▸ PROBLEM
From the records below, copy each line in which the string "rest" occurs.

▸ TASK MATERIAL
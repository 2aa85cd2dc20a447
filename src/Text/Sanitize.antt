-- ===== src/Text/Sanitize.antt =====
-- backend/internal/feed/normalize/sanitize.go: the lists of tags and attributes, and the walk of
-- SanitizeHTML. html.Parse gives the tree; what is written is a list of pieces and, joined, a text.
use Prim.Native.String.{◌++◌ as ◌+++◌}
use afghanistan_news.Base.{
  ℕ, suc, String, Bool, true, not, ◌&&◌, ◌||◌, List, [], ◌∷◌, ◌++◌, str_eq, starts_with, ltb, any,
  if◌then◌else◌,
}

-- The tests on whole texts, and html.EscapeString.
pub record HtmlLib : Type 0 where
  pub lower : String → String
  pub escape : String → String
  pub is_safe_url : String → Bool

abbrev pub is_in : List String → String → Bool
is_in names name = any (λ n. str_eq n name) names

unfoldable pub allowed_tags : List String
allowed_tags =
    "p" ∷ "br" ∷ "strong" ∷ "b" ∷ "em" ∷ "i" ∷ "u" ∷ "ul" ∷ "ol" ∷ "li" ∷ "blockquote" ∷ "h1" ∷ "h2"
    ∷ "h3" ∷ "h4" ∷ "h5" ∷ "h6" ∷ "a" ∷ "img" ∷ "figure" ∷ "figcaption" ∷ "table" ∷ "thead"
    ∷ "tbody" ∷ "tr" ∷ "td" ∷ "th" ∷ "code" ∷ "pre" ∷ "span" ∷ "div" ∷ "hr" ∷ "small" ∷ "sub"
    ∷ "sup" ∷ "time" ∷ []

unfoldable pub dropped_tags : List String
dropped_tags =
    "script" ∷ "style" ∷ "iframe" ∷ "object" ∷ "embed" ∷ "form" ∷ "input" ∷ "button" ∷ "textarea"
    ∷ "select" ∷ "noscript" ∷ "svg" ∷ "math" ∷ "video" ∷ "audio" ∷ "source" ∷ "base" ∷ "meta"
    ∷ "link" ∷ "applet" ∷ "frame" ∷ "frameset" ∷ "template" ∷ []

unfoldable pub allowed_attributes : String → List String
allowed_attributes tag =
    if str_eq tag "a"
    then ("href" ∷ "title" ∷ "rel" ∷ [])
    else if str_eq tag "img"
    then ("src" ∷ "alt" ∷ "title" ∷ "width" ∷ "height" ∷ "loading" ∷ [])
    else if str_eq tag "time"
    then ("datetime" ∷ [])
    else if str_eq tag "td" || str_eq tag "th"
    then ("colspan" ∷ "rowspan" ∷ [])
    else []

abbrev pub common_attributes : List String
common_attributes = "dir" ∷ "lang" ∷ []

-- A node of the tree; `is_void` says that its atom is br, hr or img. Comments and the like are `other`.
mutual
  pub data Node : Type 0 where
    text : String → Node
    element : String → Bool → List (String × String) → Nodes → Node
    other : Node

  pub data Nodes : Type 0 where
    no_nodes : Nodes
    and_node : Node → Nodes → Nodes

pub record Attribute : Type 0 where
  pub key : String
  pub value : String

-- What is written: an escaped text, a tag with its attributes, or the end of a tag.
pub data Piece : Type 0 where
  plain : String → Piece
  open_tag : String → Bool → List Attribute → Piece
  close_tag : String → Piece

-- The tests of the loop over the attributes, `continue` being false.
unfoldable pub safe_value : HtmlLib → String → String → Bool
safe_value l key value =
    if str_eq key "href"
    then (l.is_safe_url value || starts_with value "#" || starts_with value "/")
      && not (starts_with value "/")
    else if str_eq key "src"
    then l.is_safe_url value
    else true

unfoldable pub is_listed : String → String → Bool
unfolding allowed_attributes
is_listed tag key = is_in (allowed_attributes tag) key || is_in common_attributes key

unfoldable pub keep_attribute : HtmlLib → String → String → String → Bool
unfolding safe_value is_listed
keep_attribute l tag key value =
    not (starts_with key "on" || starts_with key "xmlns")
    && (is_listed tag key && safe_value l key value)

unfoldable pub write_attributes : HtmlLib → String → List (String × String) → List Attribute
unfolding keep_attribute
write_attributes l tag [] = []
write_attributes l tag ((raw, value) ∷ rest) =
    let more = write_attributes l tag rest in
    if keep_attribute l tag (l.lower raw) value
    then record { key = l.lower raw; value = value } ∷ more
    else more

-- walk, which stops below a depth of 32.
unfoldable mutual
  unfolding write_attributes allowed_tags dropped_tags

  pub walk_html : HtmlLib → ℕ → Nodes → List Piece
  walk_html l depth no_nodes = []
  walk_html l depth (and_node n ns) = walk_node l depth n ++ walk_html l depth ns

  pub walk_node : HtmlLib → ℕ → Node → List Piece
  walk_node l depth (text t) = plain t ∷ []
  walk_node l depth other = []
  walk_node l depth (element raw is_void attributes children) =
      let name = l.lower raw in
      let inside =
        (let deeper = walk_html l (suc depth) children in
          if ltb 32 (suc depth) then [] else deeper) in
      if is_in dropped_tags name
      then []
      else if not (is_in allowed_tags name)
      then inside
      else open_tag name is_void (write_attributes l name attributes)
        ∷ (if is_void then [] else inside ++ (close_tag name ∷ []))

unfoldable pub sanitize_pieces : HtmlLib → Nodes → List Piece
unfolding walk_html
sanitize_pieces l doc = walk_html l 0 doc

-- The text of the pieces.
unfoldable pub write_attribute : HtmlLib → List Attribute → String
write_attribute l [] = ""
write_attribute l (a ∷ rest) =
    " " +++ a.key +++ "=\"" +++ l.escape a.value +++ "\"" +++ write_attribute l rest

unfoldable pub write_piece : HtmlLib → Piece → String
unfolding write_attribute
write_piece l (plain t) = l.escape t
write_piece l (open_tag name is_void attributes) =
    "<"
    +++ name
    +++ write_attribute l attributes
    +++ (if str_eq name "img" then " loading=\"lazy\"" else "")
    +++ ">"
write_piece l (close_tag name) = "</" +++ name +++ ">"

unfoldable pub sanitized_text : HtmlLib → List Piece → String
unfolding write_piece
sanitized_text l [] = ""
sanitized_text l (p ∷ ps) = write_piece l p +++ sanitized_text l ps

▸ THE COMPLETED TASK
write_attributes l tag ((raw, value) ∷ rest) =
    let more = write_attributes l tag rest in
write_attribute l (a ∷ rest) =
    " " +++ a.key +++ "=\"" +++ l.escape a.value +++ "\"" +++ write_attribute l rest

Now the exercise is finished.